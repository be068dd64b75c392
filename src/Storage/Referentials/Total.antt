-- ===== src/Storage/Referentials/Total.antt =====
-- In valid tables, resolving a name in src/agentlen/infrastructure/persistence/repositories/sql.py raises nothing and
-- gives the id under which the name is stored.
use agent_len.Base.{ℕ, ◌≡◌, refl, ap, ◌∙◌, sym, inl, inr, String, Option, none, some}
use agent_len.Base.{List, [], ◌∷◌, ◌==◌, Eq, nat_eq, string_eq, pair_eq, option_eq}
use agent_len.Base.{ok, Bool-cases, Option-cases}
use agent_len.Base.Dict.{Dict, lookup, get_or}
use agent_len.Normalizer.Entities.{ReferenceKind, agent, provider, model, tool, repository}
use agent_len.Storage.Table.{Stored, find, insert_value, inserted, select_in, IsValid}
use agent_len.Storage.Table.{insert_value-held, insert_value-new, insert_value-IsValid, UniqueKeys}
use agent_len.Storage.Outcome.{stored_id, stored_id-some, stored_id-row}
use agent_len.Storage.Found.{find-insert_value-kept, find-same, find-add}
use agent_len.Base.{contains-one}
use mathlib.Core.Path.{ap₂}
use mathlib.Core.Option.{some-injective}
use agent_len.Storage.Referentials.{Names, upsert, Referentials, resolve}

module _ {K : Type 0} ⦃e : Eq K⦄ where
  absent :
      (k : K) (rows : List (Stored K (Unit {0})))
      → find k rows ≡ none
      → select_in (k ∷ []) rows ≡ []
  unfolding find select_in
  absent k [] h = refl
  absent k (r ∷ rows) h = elim (Bool-cases (r.key == k)) [
    | inl same ↦ absurd (cc (find-same k r rows same, h))
    | inr other ↦
        rw (contains-one r.key k ∙ other) (absent k rows (sym (find-add k r rows other) ∙ h))
  ]

  -- A key held by one row is selected once.
  select_one :
      (k : K) (rows : List (Stored K (Unit {0}))) {r : Stored K (Unit {0})}
      → UniqueKeys rows
      → find k rows ≡ some r
      → select_in (k ∷ []) rows ≡ r ∷ []
  unfolding select_in find
  select_one k [] u h = cc
  select_one k (s ∷ rows) {r} u h = elim (Bool-cases (s.key == k)) [
    | inl same ↦ rw (contains-one s.key k ∙ same) (
        ap₂ ◌∷◌ (some-injective s r (sym (find-same k s rows same) ∙ h))
          (absent k rows (ap (λ i. find i rows) (sym ((e.beq_iff s.key k).0 same)) ∙ u.0)))
    | inr other ↦
        rw (contains-one s.key k ∙ other)
          (select_one k rows u.1 (sym (find-add k s rows other) ∙ h))
  ]

  abbrev pub Kept : Names K → Names K → Type 0
  Kept t after = (j : K) (i : ℕ) → stored_id j t.rows ≡ some i → stored_id j after.rows ≡ some i

  -- What an upsert promises: the key is held under the id returned, what was held still is, and the
  -- table stays valid.
  pub record Upserted (k : K) (t : Names K) (id : ℕ) (after : Names K) : Type 0 where
    pub valid : IsValid after
    pub held : stored_id k after.rows ≡ some id
    pub kept : Kept t after

  stored_id-kept :
      (k : K) (t : Names K) (j : K) {i : ℕ}
      → stored_id j t.rows ≡ some i
      → stored_id j (insert_value (k, tt) t).1.rows ≡ some i
  stored_id-kept k t j h =
      let (r, is, same) = stored_id-row j t.rows h in
      stored_id-some j (insert_value (k, tt) t).1.rows (find-insert_value-kept j (k, tt) t is)
      ∙ ap some same

  -- An upsert into a valid table returns an id.
  pub upsert-Upserted :
      (k : K) (t : Names K)
      → IsValid t
      → (id : ℕ) × (after : Names K) × (upsert k t ≡ ok (id, after)) × Upserted k t id after
  unfolding upsert
  upsert-Upserted k t h = elim (Option-cases (find k t.rows)) [
    | inl free ↦
        let after = (insert_value (k, tt) t).1 in
        (
          t.next_id,
          after,
          rw (upsert, insert_value-new k tt t free, insert_value-new k tt t free) refl,
          record {
            valid = insert_value-IsValid (k, tt) t h;
            held = rw (insert_value-new k tt t free) (
                stored_id-some k (inserted (k, tt) t ∷ t.rows)
                  (find-same k (inserted (k, tt) t) t.rows ((e.beq_iff k k).1 refl)));
            kept = λ j i held. stored_id-kept k t j held;
          },
        )
    | inr (r, is) ↦
        let after = (insert_value (k, tt) t).1 in
        (
          r.id,
          after,
          rw
              (
                upsert,
                insert_value-held k tt t is,
                insert_value-held k tt t is,
                select_one k t.rows h.0 is,
              )
              refl,
          record {
            valid = insert_value-IsValid (k, tt) t h;
            held = stored_id-some k after.rows (find-insert_value-kept k (k, tt) t is);
            kept = λ j i held. stored_id-kept k t j held;
          },
        )
  ]

-- The id that a referential is stored under.
abbrev pub referential_id : ReferenceKind → String → Dict String String → Referentials → Option ℕ
referential_id model name context t =
    elim (stored_id (get_or "provider_name" "unknown" context) t.providers.rows) [
      | none ↦ none
      | some provider_id ↦ stored_id (provider_id, name) t.models.rows
    ]
referential_id repository name context t =
    stored_id (get_or "host" "github.com" context, (get_or "owner" "unknown" context, name))
      t.repositories.rows
referential_id agent name context t = stored_id (name, lookup "version" context) t.agents.rows
referential_id provider name context t = stored_id name t.providers.rows
referential_id tool name context t = stored_id name t.tools.rows

pub record ValidReferentials (t : Referentials) : Type 0 where
  pub providers : IsValid t.providers
  pub models : IsValid t.models
  pub agents : IsValid t.agents
  pub tools : IsValid t.tools
  pub repositories : IsValid t.repositories

abbrev AllKept : Referentials → Referentials → Type 0
AllKept t after =
    (k : ReferenceKind) (n : String) (c : Dict String String) (i : ℕ)
    → referential_id k n c t ≡ some i
    → referential_id k n c after ≡ some i

model-Kept :
    (t after : Referentials)
    → Kept t.providers after.providers
    → Kept t.models after.models
    → (n : String) (c : Dict String String) {i : ℕ} → referential_id model n c t ≡ some i
    → referential_id model n c after ≡ some i
model-Kept t after providers models n c {i} h =
    elim (Option-cases (stored_id (get_or "provider_name" "unknown" c) t.providers.rows)) [
      | inl lost ↦ absurd (cc (rw (lost, referential_id) at h))
      | inr (p, is) ↦
          rw (providers (get_or "provider_name" "unknown" c) p is, referential_id)
            (models (p, n) i (rw (is, referential_id) at h))
    ]

tables-AllKept :
    (t after : Referentials)
    → Kept t.providers after.providers
    → Kept t.models after.models
    → Kept t.agents after.agents
    → Kept t.tools after.tools
    → Kept t.repositories after.repositories
    → AllKept t after
tables-AllKept t after providers models agents tools repositories provider n c i h = providers n i h
tables-AllKept t after providers models agents tools repositories model n c i h =
    model-Kept t after providers models n c h
tables-AllKept t after providers models agents tools repositories agent n c i h =
    agents (n, lookup "version" c) i h
tables-AllKept t after providers models agents tools repositories tool n c i h = tools n i h
tables-AllKept t after providers models agents tools repositories repository n c i h =
    repositories (get_or "host" "github.com" c, (get_or "owner" "unknown" c, n)) i h

-- What resolving promises.
pub record Resolved (kind : ReferenceKind) (name : String) (context : Dict String String)
    (t : Referentials) (id : ℕ) (after : Referentials) : Type 0 where
  pub valid : ValidReferentials after
  pub held : referential_id kind name context after ≡ some id
  pub kept : AllKept t after

-- A name is resolved in valid tables without an error, and its id is that under which it is stored
-- afterwards; whatever was stored before keeps its id.
pub resolve-Resolved :
    (kind : ReferenceKind) (name : String) (context : Dict String String) (t : Referentials)
    → ValidReferentials t
    → (id : ℕ) × (after : Referentials) × (resolve kind name context t ≡ ok (id, after))
      × Resolved kind name context t id after
unfolding resolve
resolve-Resolved provider name context t h =
    let (id, providers, ran, up) = upsert-Upserted name t.providers h.providers in
    let after = record t { providers = providers } in
    (
      id,
      after,
      rw ran refl,
      record {
        valid = record {
          providers = up.valid;
          models = h.models;
          agents = h.agents;
          tools = h.tools;
          repositories = h.repositories;
        };
        held = up.held;
        kept = tables-AllKept t after up.kept (λ j i e. e) (λ j i e. e) (λ j i e. e) (λ j i e. e);
      },
    )
resolve-Resolved model name context t h =
    let (p, providers, first, up) =
      upsert-Upserted (get_or "provider_name" "unknown" context) t.providers h.providers in
    let (id, models, ran, um) = upsert-Upserted (p, name) t.models h.models in
    let after = record t { providers = providers; models = models } in
    (
      id,
      after,
      rw (first, ran) refl,
      record {
        valid = record {
          providers = up.valid;
          models = um.valid;
          agents = h.agents;
          tools = h.tools;
          repositories = h.repositories;
        };
        held = rw (up.held, referential_id) um.held;
        kept = tables-AllKept t after up.kept um.kept (λ j i e. e) (λ j i e. e) (λ j i e. e);
      },
    )
resolve-Resolved agent name context t h =
    let (id, agents, ran, up) =
      upsert-Upserted (name, lookup "version" context) t.agents h.agents in
    let after = record t { agents = agents } in
    (
      id,
      after,
      rw ran refl,
      record {
        valid = record {
          providers = h.providers;
          models = h.models;
          agents = up.valid;
          tools = h.tools;
          repositories = h.repositories;
        };
        held = up.held;
        kept = tables-AllKept t after (λ j i e. e) (λ j i e. e) up.kept (λ j i e. e) (λ j i e. e);
      },
    )
resolve-Resolved tool name context t h =
    let (id, tools, ran, up) = upsert-Upserted name t.tools h.tools in
    let after = record t { tools = tools } in
    (
      id,
      after,
      rw ran refl,
      record {
        valid = record {
          providers = h.providers;
          models = h.models;
          agents = h.agents;
          tools = up.valid;
          repositories = h.repositories;
        };
        held = up.held;
        kept = tables-AllKept t after (λ j i e. e) (λ j i e. e) (λ j i e. e) up.kept (λ j i e. e);
      },
    )
resolve-Resolved repository name context t h =
    let (id, repositories, ran, up) =
      upsert-Upserted (get_or "host" "github.com" context, (get_or "owner" "unknown" context, name))
        t.repositories h.repositories in
    let after = record t { repositories = repositories } in
    (
      id,
      after,
      rw ran refl,
      record {
        valid = record {
          providers = h.providers;
          models = h.models;
          agents = h.agents;
          tools = h.tools;
          repositories = up.valid;
        };
        held = up.held;
        kept = tables-AllKept t after (λ j i e. e) (λ j i e. e) (λ j i e. e) (λ j i e. e) up.kept;
      },
    )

* * *

Your assignment = Print only the lines from the top of the data above down to the line holding "-- gives the", inclusive.

Task answer =
repository be068dd64b75c392
filename src/Storage/Referentials/Total.antt
-- ===== src/Storage/Referentials/Total.antt =====
-- In valid tables, resolving a name in src/agentlen/infrastructure/persistence/repositories/sql.py raises nothing and
-- gives the id under which the name is stored.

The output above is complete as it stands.